Kadhafi l’avait prédit

Depuis sa mort, l’ancien dirigeant libyen Mouammar Kadhafi est devenu une icône des jeunes et des moins jeunes en Afrique subsaharienne. Je rappelle que, le 19 décembre 1989, un DC 10 de la compagnie aérienne UTA venant de Brazzaville et à destination de Paris après une escale à N’Djamena avait explosé dans le ciel du désert du Ténéré, au Niger. Bilan : 170 morts, dont 48 Congolais, 25 Tchadiens, 5 Camerounais, 3 Zaïrois, 2 Centrafricains, 2 Maliens, 1 Algérien, 1 Marocain et 1 Sénégalais.

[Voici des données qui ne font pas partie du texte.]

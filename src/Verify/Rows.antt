-- ===== src/Verify/Rows.antt =====
-- `evalRows` of pkg/verify/verify.go: `rowsExprRe` is `^(>=|<=|==|>|<)\s*(\d+)$`.
pub mod Language
use fire_drill.Base.{
  ℕ, ◌≡◌, refl, Bool, true, false, not, ◌&&◌, Option, none, some, List, [], ◌∷◌, String, Result, ok,
  err, codes, all, any, is_empty, leb, ltb, ◌==◌, nat_eq, if◌then◌else◌,
}
use fire_drill.Std.Strings.{trim_space, is_digit, atoi}

pub data Op : Type 0 where
  ge le eq gt lt : Op

abbrev pub with_op : Op → List ℕ → Option (Op × List ℕ)
with_op o rest = some (o, rest)

-- The first group: the two-character operators come before their one-character prefixes.
unfoldable pub read_op : List ℕ → Option (Op × List ℕ)
read_op [] = none
read_op (c ∷ []) = if c == b'>' then some (gt, []) else if c == b'<' then some (lt, []) else none
read_op (c ∷ d ∷ rest) =
    if c == b'>' && d == b'='
    then some (ge, rest)
    else if c == b'<' && d == b'='
    then some (le, rest)
    else if c == b'=' && d == b'='
    then some (eq, rest)
    else if c == b'>'
    then some (gt, d ∷ rest)
    else if c == b'<'
    then some (lt, d ∷ rest)
    else none

-- `\s` of a Go regular expression.
unfoldable pub is_blank : ℕ → Bool
is_blank c = any (λ s. c == s) (9 ∷ 10 ∷ 12 ∷ 13 ∷ 32 ∷ [])

unfoldable pub skip_blanks : List ℕ → List ℕ
skip_blanks [] = []
skip_blanks (c ∷ cs) = if is_blank c then skip_blanks cs else c ∷ cs

abbrev pub digits_only : List ℕ → Bool
digits_only cs = not (is_empty cs) && all is_digit cs

-- The two groups of a match.
unfoldable pub rows_expr : List ℕ → Option (Op × List ℕ)
rows_expr cs = elim (read_op cs) [
  | none ↦ none
  | some (op, rest) ↦ if digits_only (skip_blanks rest) then some (op, skip_blanks rest) else none
]

abbrev pub compare_rows : Op → ℕ → ℕ → Bool
compare_rows ge n v = leb v n
compare_rows le n v = leb n v
compare_rows eq n v = n == v
compare_rows gt n v = ltb v n
compare_rows lt n v = ltb n v

-- The error names the expression.
unfoldable pub eval_rows : ℕ → String → Result String Bool
eval_rows n expr = elim (rows_expr (trim_space (codes expr))) [
  | none ↦ err expr
  | some (op, digits) ↦ ok (compare_rows op n (atoi digits))
]

eval_rows_at_least : eval_rows 3 " >= 2 " ≡ ok true
unfolding eval_rows rows_expr read_op skip_blanks is_blank trim_space is_digit atoi
eval_rows_at_least = refl

eval_rows_invalid : eval_rows 3 ">=1x" ≡ err ">=1x"
unfolding eval_rows rows_expr read_op skip_blanks is_blank trim_space is_digit atoi
eval_rows_invalid = refl
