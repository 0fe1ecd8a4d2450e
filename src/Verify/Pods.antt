-- ===== src/Verify/Pods.antt =====
-- `podsReady` of pkg/verify/k8s.go. The rounds of its loop that begin before the deadline are a
-- list, so the loop ends when the list does; the sleep between two rounds is left out.
pub mod Stable
use fire_drill.Base.{
  ℕ, zero, suc, Bool, true, false, List, [], ◌∷◌, Option, none, some, ℤ, String, leb, ltb, length,
  ◌==◌, nat_eq, if◌then◌else◌,
}
use fire_drill.Spec.Document.{PodsReadyCheck}
use fire_drill.Verify.Types.{
  Phase, Condition, Pod, Sample, Cluster, Detail, CheckResult, result, pending, running, succeeded,
  cancelled, list_error, listed, no_cluster, context_error, listing_pods, no_pods, no_detail,
  pods_not_ready, pods_stable, timeout_after,
}

abbrev pub stable_polls : ℕ
stable_polls = 3

-- The first condition of type `Ready` decides.
abbrev pub ready_condition : List Condition → Bool
ready_condition [] = false
ready_condition (c ∷ cs) = if c.is_ready_type then c.is_true else ready_condition cs

abbrev is_running : Phase → Bool
is_running running = true
is_running _ = false

abbrev is_succeeded : Phase → Bool
is_succeeded succeeded = true
is_succeeded _ = false

unfoldable pub pod_is_ready : Pod → Bool
pod_is_ready p = if is_running p.phase then ready_condition p.conditions else false

-- The loop that counts the pods which are neither completed nor ready.
unfoldable pub not_ready : List Pod → ℕ
not_ready [] = 0
not_ready (p ∷ ps) =
    let rest = not_ready ps in
    if is_succeeded p.phase then rest else if pod_is_ready p then rest else suc rest

-- The polling loop: the consecutive ready rounds so far, and the detail of the last other one.
unfoldable pub poll : ℤ → ℕ → Detail → List Sample → CheckResult
poll timeout stable last [] = result "podsReady" false (timeout_after timeout last)
poll timeout stable last (cancelled e ∷ rest) = result "podsReady" false (context_error e)
poll timeout stable last (list_error e ∷ rest) = poll timeout 0 (listing_pods e) rest
poll timeout stable last (listed [] ∷ rest) = poll timeout 0 no_pods rest
poll timeout stable last (listed (p ∷ ps) ∷ rest) =
    let pods = p ∷ ps in
    elim (not_ready pods == 0) [
      | true ↦ elim (leb stable_polls (suc stable)) [
        | true ↦ result "podsReady" true (pods_stable (length pods))
        | false ↦ poll timeout (suc stable) last rest
      ]
      | false ↦ poll timeout 0 (pods_not_ready (not_ready pods) (length pods)) rest
    ]

unfoldable pub pods_ready : Option Cluster → String → PodsReadyCheck → CheckResult
pods_ready none namespace c = result "podsReady" false no_cluster
pods_ready (some k) namespace c = poll c.timeout 0 no_detail (k.samples namespace c.timeout)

L’attentat avait été préparé par Abdallah Senoussi, beau-frère de Kadhafi et numéro deux des services secrets libyens. Une valise contenant des explosifs avait été déposée dans la soute au départ de Brazzaville par Abdallah Elazragh, premier conseiller à l’ambassade de Libye au Congo. Tripoli dut payer 215 millions de dollars aux familles des victimes.

En 2010, lors d’une visite officielle à Rome, en Italie, Kadhafi demanda à son hôte, Silvio Berlusconi, d’octroyer 5 milliards de dollars à la Libye : « Sinon les Noirs vont vous envahir », lui avait-il prédit.